Why are hidden assets removed from the net worth calculation?
Most of these resources are excluded from traditional net worth calculations as they are not liquid or are not directly owned.
- social security is the monthly income flow and is not a balance that can be withdrawn.
- Medicare and Medicaid Don’t show up in your account, but it will significantly reduce your future healthcare costs.
- Inheritance Both timing and quantity are uncertain, even if it is likely.
- pension You cannot be entitled or guaranteed until you retire.
- The advantages of a spouse It may depend on future choices or eligibility.
These are not technically “assets” on the balance sheet, but they work perfectly as financial support. Ignoring them means missing the big picture.
Note: Tools like the Boldin Retirement Planner help you to surface these hidden strengths, allowing you to make smarter and more confident decisions based on the big picture, not just the balance of your account.
What would you do if you count everything?

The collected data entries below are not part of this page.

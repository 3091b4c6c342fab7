-- ===== src/Cli.antt =====
-- The accounts that the command line makes: runInitAdmin and initAdmin of cmd/server/main.go, and
-- the administrator that runServer makes for an empty database.
pub mod Admin
pub mod Promotion
pub mod Boot
mod Tests
use ky_server_base.Prelude.{
  ℕ, String, Bool, true, false, not, ◌&&◌, ◌||◌, Option, none, some, ◌==◌, ltb, if◌then◌else◌,
}
use ky_server_base.Store.Models.{User, Db, Backend, Result, ok, err, not_found}
use ky_server_base.Store.Tx.{Io}
use ky_server_base.Store.Users.{create_user, get_user_by_username, count_users}
use ky_server_base.Store.Sessions.{reset_admin_password}
use ky_server_base.Config.Texts.{byte_len}

-- The calls of one command: the failing statements of its read and of its write, the time of the
-- write, what other processes write in between, the drawn id with its prefix "usr_", and
-- password.Hash, which may fail.
pub record AdminCall : Type 0 where
  pub read_io : Io
  pub write_io : Io
  pub now : ℕ
  pub meanwhile : Db → Db
  pub drawn_id : String
  pub hash : String → Option String

pub data AdminReply : Type 0 where
  password_too_short hash_failed read_failed not_local not_administrator : AdminReply
  reset_failed create_failed password_reset admin_created : AdminReply

abbrev pub new_admin : String → String → String → User
new_admin id username hash = record {
  id = id;
  username = username;
  email = "";
  display_name = "Administrator";
  password_hash = hash;
  role = "admin";
  status = "active";
  sso_provider = "local";
  sso_subject = "";
  scim_managed = false;
  push_device_id = "";
  must_change_password = true;
  created_at = 0;
  updated_at = 0;
  last_login_at = none;
}

abbrev pub is_active_admin : User → Bool
is_active_admin u = u.role == "admin" && u.status == "active"

abbrev pub answer_write : AdminReply → AdminReply → Result (Unit {0}) × Db → AdminReply × Db
answer_write done failed (ok _, db) = (done, db)
answer_write done failed (err e, db) = (failed, db)

-- What is done for the account that has the name, or for none.
unfoldable pub write_admin :
    Backend → AdminCall → String → String → Bool → Result User × Db → AdminReply × Db
unfolding create_user reset_admin_password
write_admin b c username hash promote (ok u, db) =
    if not (u.sso_provider == "local")
    then (not_local, db)
    else if not promote && not (is_active_admin u)
    then (not_administrator, db)
    else answer_write password_reset reset_failed
        (reset_admin_password c.write_io c.now u.id hash (c.meanwhile db))
write_admin b c username hash promote (err not_found, db) =
    answer_write admin_created create_failed
      (create_user b c.write_io c.now (new_admin c.drawn_id username hash) (c.meanwhile db))
write_admin b c username hash promote (err e, db) = (read_failed, db)

unfoldable pub init_admin : Backend → AdminCall → String → String → Bool → Db → AdminReply × Db
unfolding write_admin get_user_by_username
init_admin b c username pass promote db = elim (c.hash pass) [
  | none ↦ (hash_failed, db)
  | some hash ↦ write_admin b c username hash promote (get_user_by_username b c.read_io username db)
]

-- The flags are checked before the database is opened.
unfoldable pub run_init_admin : Backend → AdminCall → String → String → Bool → Db → AdminReply × Db
unfolding init_admin byte_len
run_init_admin b c username pass promote db =
    if pass == "" || ltb (byte_len pass) 12
    then (password_too_short, db)
    else init_admin b c username pass promote db

-- An error of the count is dropped (`count, _ :=`), and the count is 0 then.
abbrev pub count_or_zero : Result ℕ → ℕ
count_or_zero (ok n) = n
count_or_zero (err e) = 0

-- Whether the server starts, and what it did first.
pub data BootReply : Type 0 where
  already_seeded boot_hash_failed boot_create_failed seeded : BootReply

abbrev pub answer_boot : Result (Unit {0}) × Db → BootReply × Db
answer_boot (ok _, db) = (seeded, db)
answer_boot (err e, db) = (boot_create_failed, db)

-- The first administrator's password is KY_ADMIN_PASSWORD, or drawn if that is not set.
unfoldable pub bootstrap : Backend → AdminCall → String → String → Db → BootReply × Db
unfolding create_user count_users
bootstrap b c admin_password drawn_password db =
    if ltb 0 (count_or_zero (count_users c.read_io db).0)
    then (already_seeded, db)
    else elim (c.hash (if admin_password == "" then drawn_password else admin_password)) [
      | none ↦ (boot_hash_failed, db)
      | some hash ↦
          answer_boot
            (create_user b c.write_io c.now (new_admin c.drawn_id "admin" hash) (c.meanwhile db))
    ]
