-- ===== src/Cli/Admin.antt =====
-- What init-admin does to the accounts (cmd/server/main.go).
use ky_server_base.Prelude.{
  ℕ, String, ◌≡◌, refl, sym, subst, ◌⊎◌, inl, inr, Bool, true, not, ◌&&◌, some, ◌∷◌, arith, ◌==◌,
  eq_iff, Bool-cases,
}
use ky_server_base.Store.Models.{
  User, Db, Backend, Error, Result, ok, err, not_found, already_exists, session_expired, conflict,
  sso_session_ended, db_error,
}
use ky_server_base.Store.Tx.{Io, transaction-rollback}
use ky_server_base.Store.Users.{create_user, get_user_by_username, stamped}
use ky_server_base.Store.Users.Names.{create_user-ok}
use ky_server_base.Store.Sessions.{reset_admin_password, reset_password}
use ky_server_base.Store.Sessions.Passwords.{
  replaced, password_record, reset_admin_password-ok, reset_admin_password-err,
}
use ky_server_base.Cli.{
  AdminCall, AdminReply, answer_write, write_admin, init_admin, new_admin, is_active_admin,
  reset_failed, create_failed, password_reset, admin_created,
}

-- The database after an operator's reset of an account.
abbrev pub after_reset : ℕ → String → String → Db → Db
after_reset now id hash db =
    replaced id (reset_password now hash)
      (password_record id "operator reset; sessions revoked" "" now) db

abbrev pub after_creation : ℕ → String → String → String → Db → Db
after_creation now id username hash db = record db {
  users = stamped now (new_admin id username hash) ∷ db.users;
}

module _ (b : Backend) (c : AdminCall) (username hash : String) (promote : Bool) where
  -- What each answer says of the database that the command read and of the one that it left.
  abbrev pub IsAnswer : Db → AdminReply × Db → Type 0
  IsAnswer db (password_reset, after) =
      (u : User) × ((get_user_by_username b c.read_io username db).0 ≡ ok u)
      × (u.sso_provider ≡ "local")
      × ((promote ≡ true) ⊎ (is_active_admin u ≡ true))
      × (after ≡ after_reset c.now u.id hash (c.meanwhile db))
  IsAnswer db (admin_created, after) =
      ((get_user_by_username b c.read_io username db).0 ≡ err not_found)
      × (after ≡ after_creation c.now c.drawn_id username hash (c.meanwhile db))
  IsAnswer db (reset_failed, after) = after ≡ c.meanwhile db
  IsAnswer db (create_failed, after) = after ≡ c.meanwhile db
  IsAnswer db (reply, after) = after ≡ db

  reset_written-IsAnswer :
      (db : Db) (u : User) (x : Result (Unit {0}) × Db)
      → (get_user_by_username b c.read_io username db).0 ≡ ok u
      → (u.sso_provider == "local") ≡ true
      → (promote ≡ true) ⊎ (is_active_admin u ≡ true)
      → (x.0 ≡ ok tt → x.1 ≡ after_reset c.now u.id hash (c.meanwhile db))
      → ((e : Error) → x.0 ≡ err e → x.1 ≡ c.meanwhile db)
      → IsAnswer db (answer_write password_reset reset_failed x)
  reset_written-IsAnswer db u (ok _, d) found own may done undone =
      (u, found, (eq_iff u.sso_provider "local").0 own, may, done refl)
  reset_written-IsAnswer db u (err e, d) found own may done undone = undone e refl

  create_written-IsAnswer :
      (db : Db) (x : Result (Unit {0}) × Db)
      → (get_user_by_username b c.read_io username db).0 ≡ err not_found
      → (x.0 ≡ ok tt → x.1 ≡ after_creation c.now c.drawn_id username hash (c.meanwhile db))
      → ((e : Error) → x.0 ≡ err e → x.1 ≡ c.meanwhile db)
      → IsAnswer db (answer_write admin_created create_failed x)
  create_written-IsAnswer db (ok _, d) free done undone = (free, done refl)
  create_written-IsAnswer db (err e, d) free done undone = undone e refl

  -- The account was found, and is local.
  write_found-IsAnswer :
      (db : Db) (u : User)
      → (get_user_by_username b c.read_io username db).0 ≡ ok u
      → IsAnswer db (write_admin b c username hash promote (ok u, db))
  unfolding write_admin
  write_found-IsAnswer db u found = elim (Bool-cases (u.sso_provider == "local")) [
    | inr foreign ↦ rw foreign refl
    | inl own ↦ elim (Bool-cases (not promote && not (is_active_admin u))) [
      | inl refused ↦ rw (own, refused) refl
      | inr allowed ↦
          rw (own, allowed)
            (reset_written-IsAnswer db u
              (reset_admin_password c.write_io c.now u.id hash (c.meanwhile db)) found own
              (ground arith)
              (λ e. (reset_admin_password-ok c.write_io c.now u.id hash (c.meanwhile db) e).1)
              (λ x e. reset_admin_password-err c.write_io c.now u.id hash (c.meanwhile db) e))
    ]
  ]

  write_admin-IsAnswer :
      (db : Db) (r : Result User)
      → (get_user_by_username b c.read_io username db).0 ≡ r
      → IsAnswer db (write_admin b c username hash promote (r, db))
  unfolding write_admin
  write_admin-IsAnswer db (ok u) e = write_found-IsAnswer db u e
  write_admin-IsAnswer db (err not_found) e =
      let row = new_admin c.drawn_id username hash in
      create_written-IsAnswer db (create_user b c.write_io c.now row (c.meanwhile db)) e
        (λ h. (create_user-ok b c.write_io c.now row (c.meanwhile db) h).1)
        (λ x h. unfold create_user in transaction-rollback c.write_io _ (c.meanwhile db) h)
  write_admin-IsAnswer db (err already_exists) e = refl
  write_admin-IsAnswer db (err session_expired) e = refl
  write_admin-IsAnswer db (err conflict) e = refl
  write_admin-IsAnswer db (err sso_session_ended) e = refl
  write_admin-IsAnswer db (err db_error) e = refl

by_username-state :
    (b : Backend) (io : Io) (username : String) (db : Db)
    → (get_user_by_username b io username db).1 ≡ db
unfolding get_user_by_username
by_username-state b io username db = ground arith

pub init_admin-IsAnswer :
    (b : Backend) (c : AdminCall) (username pass hash : String) (promote : Bool) (db : Db)
    → c.hash pass ≡ some hash
    → IsAnswer b c username hash promote db (init_admin b c username pass promote db)
unfolding init_admin
init_admin-IsAnswer b c username pass hash promote db e =
    let found = get_user_by_username b c.read_io username db in
    rw (e, init_admin)
      (subst
        (λ (d : Db).
          IsAnswer b c username hash promote db
            (write_admin b c username hash promote (found.0, d)))
        (sym (by_username-state b c.read_io username db))
        (write_admin-IsAnswer b c username hash promote db found.0 refl))
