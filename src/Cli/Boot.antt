-- ===== src/Cli/Boot.antt =====
-- The administrator that runServer makes for an empty database (cmd/server/main.go).
use ky_server_base.Prelude.{String, ◌≡◌, ◌≢◌, ◌⊎◌, true, false, some, [], ◌==◌, if◌then◌else◌}
use ky_server_base.Store.Models.{Db}
use ky_server_base.Store.Tx.{count_row}
use ky_server_base.Cli.{
  AdminCall, BootReply, seeded, already_seeded, boot_hash_failed, boot_create_failed,
}
use ky_server_base.Cli.Admin.{after_creation}

-- The password that the first administrator gets.
abbrev pub first_password : String → String → String
first_password admin_password drawn = if admin_password == "" then drawn else admin_password

abbrev pub IsBoot : AdminCall → String → Db → BootReply × Db → Type 0
IsBoot c pass db (already_seeded, after) =
    (db.users ≢ []) × (c.read_io count_row ≡ false) × (after ≡ db)
IsBoot c pass db (seeded, after) =
    ((db.users ≡ []) ⊎ (c.read_io count_row ≡ true))
    × ((hash : String) × (c.hash pass ≡ some hash)
        × (after ≡ after_creation c.now c.drawn_id "admin" hash (c.meanwhile db)))
IsBoot c pass db (boot_create_failed, after) =
    ((db.users ≡ []) ⊎ (c.read_io count_row ≡ true)) × (after ≡ c.meanwhile db)
IsBoot c pass db (boot_hash_failed, after) =
    ((db.users ≡ []) ⊎ (c.read_io count_row ≡ true)) × (after ≡ db)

Let’s see how much these hidden assets can add to a typical 60 year old child Net assetsuse three scenarios. low, Mediumand expensive Bonus case.
social security
- Low case (Early Billing, $1,500/month): ~$250,000
- Medium case ($2,500/month at full retirement age): ~$450,000
- High case (Collation delay, $4,000/month): ~$700,000+
Medicare and Medicaid
- Low case (Minimum Healthcare Use): ~$100,000
- Medium case (Standard Medicare Use): ~$300,000
- High case (Medicaid-funded long-term care + Medicare): ~$600,000 +
Pension (if you have)
- Low case ($1,000/mo): ~$200,000
- Medium case ($2,500/mo): ~$500,000
- High case ($5,000/mo): ~$1 million+
Inheritance (potential)
It’s difficult to predict, but Over 70% of the baby boomer generation and XERS XERS Expect to receive some inheritances. This is a rough breakdown:
- Low case (Slack inheritance): ~$50,000
- Medium case (from parents with home equity and retirement accounts): ~$200,000
- High case (Multi-property, investment property): Over $500,000
Please note: Inheritance timing and taxes vary widely.
Other hidden assets
- Employer Stock Options or RSU: Over $50,000 to $500,000
- Spousal pension or social security: 100,000-1 million dollars
- Cash-worthy life insurance: $10,000 to $100,000
Boldin’s Perspective: Model future Net assets
Boldin helps people plan by using broader, more realistic definitions of wealth, including these future benefits. Tools like Boldin Planner Emerging these “invisible” resources allows you to confidently model different retirement ages, spending scenarios, and life choices.
your Authentic Financial strength is not just what you own today. It’s about what you can access tomorrow. Don’t let narrow numbers stop you from looking at the big picture.